Schon jetzt ist der Flurschaden beträchtlich, ohne dass nähere Einzelheiten aus den geheimen Kabelberichten bekannt sind. Überstunden am Telefon machten Außenministerin Hillary Clinton und andere Spitzen des US-Außenamtes am Wochenende, um Verbündete von Pakistan über Deutschland bis in die Türkei vorzuwarnen und zu besänftigen. Es geht um angebliche Bestechung in Pakistan oder darum, dass die USA den deutschen Außenminister Guido Westerwelle für einen Ausfall halten. Dann wird aber auch berichtet, dass die USA angeblich die kurdischen Separatisten der PKK unterstützt haben sollen und dass die Türkei mutmaßlich die Terroristen der El Kaida im Irak fördert.

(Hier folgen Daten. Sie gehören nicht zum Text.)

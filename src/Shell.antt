-- ===== src/Shell.antt =====
-- libvx68kdos/shell.cc: the environment and the argument string that `shell` puts in memory for a
-- program. Strings of the host are lists of bytes without the 0 at their end.
pub mod Environment
pub mod Lifetime
mod Examples
use vx68k_v.Base.{
  ℕ, zero, suc, ◌+◌, ◌-◌, ◌*◌, ◌/◌, ◌%◌, ◌≤◌, ◌<◌, ◌≡◌, ◌&&◌, List, [], ◌∷◌, ◌++◌, length, get_or,
  leb, ltb, if◌then◌else◌, add32, sub32, word_32,
}

-- The memory map as supervisor data: `write` stores bytes one after the other, a long word is four
-- of them.
pub record WriteMemory : Type 1 where
  pub State : Type 0
  pub get_8 : ℕ → State → ℕ
  pub put_8 : ℕ → ℕ → State → State
  pub put_32 : ℕ → ℕ → State → State
  pub write : ℕ → List ℕ → State → State
  pub get-write_inside :
      (a b : ℕ) (l : List ℕ) (s : State)
      → b ≤ a
      → a < b + length l
      → b + length l ≤ word_32
      → get_8 a (write b l s) ≡ get_or l (a - b) 0
  pub get-write_below :
      (a b : ℕ) (l : List ℕ) (s : State)
      → a < b
      → b + length l ≤ word_32
      → get_8 a (write b l s) ≡ get_8 a s
  pub get-write_above :
      (a b : ℕ) (l : List ℕ) (s : State)
      → b + length l ≤ a
      → a < word_32
      → get_8 a (write b l s) ≡ get_8 a s
  pub get-put_32_apart :
      (a b v : ℕ) (s : State) → b + 4 ≤ a → a < word_32 → get_8 a (put_32 b v s) ≡ get_8 a s
  pub get-put_32_below :
      (a b v : ℕ) (s : State) → a < b → b + 4 ≤ word_32 → get_8 a (put_32 b v s) ≡ get_8 a s

-- 4 + 1, and each string with its 0.
abbrev pub string_size : List (List ℕ) → ℕ
string_size [] = 5
string_size (p ∷ ps) = length p + 1 + string_size ps

-- The size in blocks of 0x200 bytes, with 0x200 bytes to spare, in 32 bits.
abbrev pub env_size : List (List ℕ) → ℕ
env_size envp = (string_size envp + 0x200 + 0x1ff) % word_32 / 0x200 * 0x200

-- The argument string.
abbrev pub join : List (List ℕ) → List ℕ
join [] = []
join (p ∷ []) = p
join (p ∷ q ∷ ps) = p ++ (0x20 ∷ join (q ∷ ps))

module _ (mm : WriteMemory) where
  open mm use {State, put_8, put_32, write}

  abbrev pub write_strings : (address : ℕ) → List (List ℕ) → State → State
  write_strings address [] s = s
  write_strings address (p ∷ ps) s =
      write_strings (add32 address (length p + 1)) ps (write address (p ++ (0 ∷ [])) s)

  -- `create_env` with the address that `malloc` gives.
  unfoldable pub create_env : (env : ℕ) → List (List ℕ) → State → State
  create_env env envp s = write_strings (add32 env 4) envp (put_32 env (env_size envp) s)

  -- What `exec` writes before it loads the program: one byte for the length.
  unfoldable pub put_args : (pdb : ℕ) → List (List ℕ) → State → State
  put_args pdb argv s =
      let pdb_base : ℕ = sub32 pdb 0x10 in
      write (add32 pdb_base 0x101) (join argv ++ (0 ∷ []))
        (put_8 (add32 pdb_base 0x100) (length (join argv) % 256) s)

Neben diplomatischen Verwerfungen fürchtet US-Präsident Barack Obama im Zuge der Veröffentlichungen politische Rückschläge, etwa im ohnehin fragilen Verhältnis zu Moskau. Denn auch über den Kreml finden sich in den Dokumenten böse Worte.

US-Soldat als Quelle

Als Quelle des Datenlecks gilt der frühere US-Soldat Bradley Manning. Der 23-Jährigen soll ebenfalls Hunderttausende Dokumente aus dem Irak- und Afghanistan-Krieg aus den US-Netzen gestohlen und an Wikileaks durchgereicht haben. Manning sitzt derzeit in einem US-Militärstützpunkt in Haft.